Acontece de tudo na cidade do cinema. Neste ano, por exemplo, durante um debate, houve o duelo entre o dono de uma rede de salas de cinema no interior da França, em busca da sobrevivência, e o todo-poderoso diretor da Amazon na Europa, muito bem instalado nos resultados, multiplicados pela pandemia. Aguardem os próximos capítulos, para saber o resultado do duelo.

E a cidade bem se prepara para receber convidados do evento que a fez crescer e se tornar uma das mais ricas da Europa.

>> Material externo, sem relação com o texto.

-- ===== src/Store/Queue.antt =====
-- Which job `claim_job` of backend/app/store.py takes, and how long the claim excludes others.
use shou_ba_shou_jiaoxue_ai.Prelude.{
  ◌⊎◌, inl, inr, ◌↔◌, ◌≤◌, Option-cases, Bool-cases, ℕ, ◌+◌, ◌<◌, String, ◌≡◌, refl, sym, ap, ◌∙◌,
  subst, ◌≢◌, inl, inr, true, false, Option, none, some, List, [], ◌∷◌, arith, ◌==◌, if◌then◌else◌,
  eq_of_==, Bool-cases,
}
use shou_ba_shou_jiaoxue_ai.Schemas.{is_queued, JobStatus, Stage, is_final, JobRecord}
use shou_ba_shou_jiaoxue_ai.Result.{Result, ok}
use shou_ba_shou_jiaoxue_ai.Store.Table.{find}
use shou_ba_shou_jiaoxue_ai.Store.Table.Laws.{
  IsOrder, least_where-least, least_where-none, least_where-meets, find-insert,
}
use shou_ba_shou_jiaoxue_ai.Store.Db.{Db, job_key, find_job, after, seconds}
use shou_ba_shou_jiaoxue_ai.Store.Jobs.{
  enqueue_job, heartbeat_job, finish_job, requeue_job, finished, claim_job, claimable,
  claims_before, claimed_by, owns, owns_live, new_job,
}
use shou_ba_shou_jiaoxue_ai.Store.Update.{KeysUnique, find_job-update_job_ne}
use shou_ba_shou_jiaoxue_ai.Store.Claim.{
  claim_job_lem, claim_chosen, chosen, chosen-found, claimed-found,
}
use shou_ba_shou_jiaoxue_ai.Store.Calls.{
  Call, enqueue, claim_next, heartbeat, finish_as, requeue_after, save, save_leased, step, run,
  save_run-jobs, save_run_with_lease-jobs,
}
use shou_ba_shou_jiaoxue_ai.Store.History.{step-KeysUnique}
use shou_ba_shou_jiaoxue_ai.Store.Fencing.{claim_job-found, after_claim-KeysUnique}

-- The keys of ORDER BY: expired leases first, then by time of availability, then by age.
claims_before-IsOrder : IsOrder claims_before
unfolding claims_before
claims_before-IsOrder = record {
  asym = λ x y h. ground arith;
  co_trans = λ x y z h g. ground arith;
  irrefl = λ x. ground arith;
}

-- A job that waits and whose time has come, or one that a worker has let expire.
abbrev pub IsClaimable : ℕ → JobRecord → Type 0
IsClaimable now j =
    ((j.status ≡ JobStatus.queued) × (j.available_at ≤ now))
    ⊎ ((j.status ≡ JobStatus.claimed) × (t : ℕ) × (j.lease_until ≡ some t) × (t ≤ now))

claimable_iff : (now : ℕ) (j : JobRecord) → (claimable now j ≡ true) ↔ IsClaimable now j
unfolding claimable
claimable_iff now j = (to (Option-cases j.lease_until), λ h. ground (arith, h))
  where
    to :
        (j.lease_until ≡ none) ⊎ ((t : ℕ) × (j.lease_until ≡ some t))
        → claimable now j ≡ true
        → IsClaimable now j
    to (inl n) h = inl (ground (arith, n), ground (arith, n))
    to (inr (t, e)) h = elim (Bool-cases (is_queued j.status)) [
      | inl q ↦ inl (ground (arith, q), ground (arith, q))
      | inr q ↦ inr (ground (arith, q, e), t, e, ground (arith, q, e))
    ]

-- The specification of a claim, over the table as a map.
pub data Claims (worker_id : String) (now lease_seconds : ℕ) (db : Db)
    : Result (Option JobRecord × Db) → Type 0 where
  idle :
      ((k : String) (x : JobRecord) → find_job k db ≡ some x → IsClaimable now x → ⊥)
      → Claims worker_id now lease_seconds db (ok (none, db))
  taken :
      (row j : JobRecord) (db' : Db)
      → find_job row.id db ≡ some row
      → IsClaimable now row
      → ((k : String) (x : JobRecord)
          → find_job k db ≡ some x
          → IsClaimable now x
          → claims_before x row ≡ false)
      → j ≡ claimed_by worker_id now (now + seconds lease_seconds) (row.fencing_token + 1) row
      → ((k : String) → find_job k db' ≡ (if row.id == k then some j else find_job k db))
      → db'.runs ≡ db.runs
      → Claims worker_id now lease_seconds db (ok (some j, db'))

claim_chosen-Claims :
    (worker_id : String) (now lease_seconds : ℕ) (db : Db) (o : Option JobRecord)
    → KeysUnique db
    → chosen now db ≡ o
    → Claims worker_id now lease_seconds db (claim_chosen worker_id now lease_seconds db o)
claim_chosen-Claims worker_id now lease_seconds db none u h = idle λ k x here c. absurd (
    ground (
      arith,
      (claimable_iff now x).1 c,
      least_where-none job_key (claimable now) claims_before k db.jobs h here,
    ))
claim_chosen-Claims worker_id now lease_seconds db (some row) u h =
    let here = chosen-found now db u h in
    taken row _ _ here
      ((claimable_iff now row).0
        (least_where-meets job_key (claimable now) claims_before db.jobs h))
      (λ k x there c.
        least_where-least job_key (claimable now) claims_before claims_before-IsOrder k db.jobs h
          there ((claimable_iff now x).1 c))
      refl (claimed-found worker_id now lease_seconds row db here) refl

-- A claim never raises. It returns nothing, and changes nothing, exactly when no job is claimable;
-- otherwise it takes a claimable job that no claimable job comes before (expired leases first, then
-- the earliest available, then the oldest), gives it to the worker under the next token and a fresh
-- deadline, and leaves every other job and every run as it was.
pub claim_job-Claims :
    (worker_id : String) (now lease_seconds : ℕ) (db : Db)
    → KeysUnique db
    → Claims worker_id now lease_seconds db (claim_job worker_id now lease_seconds db)
claim_job-Claims worker_id now lease_seconds db u =
    subst (Claims worker_id now lease_seconds db)
      (sym (claim_job_lem worker_id now lease_seconds db u))
      (claim_chosen-Claims worker_id now lease_seconds db (chosen now db) u refl)

-- A call that may end or move the lease of a job, or comes too late for it.
abbrev pub Spares : String → ℕ → ℕ × Call → Type 0
Spares id deadline (now, heartbeat k w t l) = k ≢ id
Spares id deadline (now, finish_as k w t s e) = k ≢ id
Spares id deadline (now, requeue_after k w t d e) = k ≢ id
Spares id deadline (now, claim_next w l) = now < deadline
Spares id deadline (now, enqueue k r s) = Unit
Spares id deadline (now, save r) = Unit
Spares id deadline (now, save_leased r k w t) = Unit

abbrev pub AllSpare : String → ℕ → List (ℕ × Call) → Type 0
AllSpare id deadline [] = Unit
AllSpare id deadline (c ∷ cs) = Spares id deadline c × AllSpare id deadline cs

enqueue_job-keeps :
    (id : String) (now : ℕ) (run_id : String) (stage : Stage) (db : Db) (k : String) (j : JobRecord)
    → find_job k db ≡ some j
    → find_job k (after db (enqueue_job id now run_id stage db)) ≡ some j
unfolding enqueue_job
enqueue_job-keeps id now run_id stage db k j h =
    ground (arith, find-insert job_key k (new_job id now run_id stage) db.jobs, h)

claim_job-keeps :
    (worker_id : String) (now lease_seconds : ℕ) (db : Db) (k : String) (j : JobRecord)
    (r : Result (Option JobRecord × Db))
    → Claims worker_id now lease_seconds db r
    → find_job k db ≡ some j
    → (IsClaimable now j → ⊥)
    → find_job k (after db r) ≡ some j
claim_job-keeps w now ls db k j r (idle none_there) h out = h
claim_job-keeps w now ls db k j r (taken row t db' here ready first e frame same_runs) h out =
    ground (arith, frame k, h, here, ready, out, eq_of_== row.id k)

not_claimable :
    (now deadline : ℕ) (j : JobRecord)
    → j.status ≡ JobStatus.claimed
    → j.lease_until ≡ some deadline
    → now < deadline
    → IsClaimable now j
    → ⊥
not_claimable now deadline j c l h g = ground (arith, g)

module _ (id : String) (deadline : ℕ) (j : JobRecord) where
  step-Spares :
      (db : Db) (c : ℕ × Call)
      → KeysUnique db
      → j.status ≡ JobStatus.claimed
      → j.lease_until ≡ some deadline
      → Spares id deadline c
      → find_job id db ≡ some j
      → find_job id (step db c) ≡ some j
  unfolding step heartbeat_job finish_job requeue_job
  step-Spares db (now, heartbeat k w t l) u c d sp h =
      find_job-update_job_ne k (owns_live w t now) _ _ db id u (λ x. refl) sp ∙ h
  step-Spares db (now, finish_as k w t s e) u c d sp h = elim (Bool-cases (is_final s)) [
    | inl f ↦
        rw (f, finish_job)
          (find_job-update_job_ne k (owns w t) (finished s e now) _ db id u (λ x. refl) sp ∙ h)
    | inr f ↦ rw (f, finish_job) h
  ]
  step-Spares db (now, requeue_after k w t d' e) u c d sp h =
      find_job-update_job_ne k (owns w t) _ _ db id u (λ x. refl) sp ∙ h
  step-Spares db (now, claim_next w l) u c d sp h =
      claim_job-keeps w now l db id j _ (claim_job-Claims w now l db u) h
        (not_claimable now deadline j c d sp)
  step-Spares db (now, enqueue k r s) u c d sp h = enqueue_job-keeps k now r s db id j h
  step-Spares db (now, save r) u c d sp h = ap (find job_key id) (save_run-jobs now r db) ∙ h
  step-Spares db (now, save_leased r k w t) u c d sp h =
      ap (find job_key id) (save_run_with_lease-jobs now r k w t db) ∙ h

  run_spares :
      (db : Db) (cs : List (ℕ × Call))
      → KeysUnique db
      → j.status ≡ JobStatus.claimed
      → j.lease_until ≡ some deadline
      → AllSpare id deadline cs
      → find_job id db ≡ some j
      → find_job id (run db cs) ≡ some j
  unfolding run
  run_spares db [] u c d sp h = h
  run_spares db (x ∷ cs) u c d sp h =
      run_spares (step db x) cs (step-KeysUnique db x u) c d sp.1 (step-Spares db x u c d sp.0 h)

claimed-fields :
    (worker_id : String) (now lease_seconds : ℕ) (db : Db) (j : JobRecord) (db' : Db)
    (r : Result (Option JobRecord × Db))
    → Claims worker_id now lease_seconds db r
    → r ≡ ok (some j, db')
    → (j.status ≡ JobStatus.claimed) × (j.lease_until ≡ some (now + seconds lease_seconds))
unfolding claimed_by
claimed-fields w now ls db j db' r (idle none_there) e = ground arith
claimed-fields w now ls db j db' r (taken row t db'' here ready first f frame same_runs) e =
    ground arith

-- A claimed job is the claimer's until its deadline: after any history of calls in which no claim
-- comes at the deadline or later, and nobody heartbeats, finishes or requeues this job, it still
-- stands in the table exactly as the claim returned it.
pub claim_exclusive :
    (worker_id : String) (now lease_seconds : ℕ) (db : Db) (j : JobRecord) (db' : Db)
    (cs : List (ℕ × Call))
    → KeysUnique db
    → claim_job worker_id now lease_seconds db ≡ ok (some j, db')
    → AllSpare j.id (now + seconds lease_seconds) cs
    → find_job j.id (run db' cs) ≡ some j
claim_exclusive w now ls db j db' cs u e sp =
    let (c, d) = claimed-fields w now ls db j db' _ (claim_job-Claims w now ls db u) e in
    run_spares j.id (now + seconds ls) j db' cs (after_claim-KeysUnique w now ls db u e) c d sp
      (claim_job-found w now ls db u e)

Glamour e negócios, diversidade e protestos, aproveitam janelas entre céu e mar, para se expressar ao mundo. E a cidade bem se prepara para receber convidados do evento que a fez crescer e se tornar uma das mais ricas da Europa. Dos ônibus que circulam, até uma secular igreja católica, instalada no local onde Napoleão fez uma pausa, quando voltava do exílio para tentar recuperar o poder, cada espaço vale para lembrar que o cinema, além de
festa, é um setor econômico poderoso. Assim como o famoso conquistador francês, os destinos do mundo (do cinema mas um pouco mais) ainda passam por Cannes.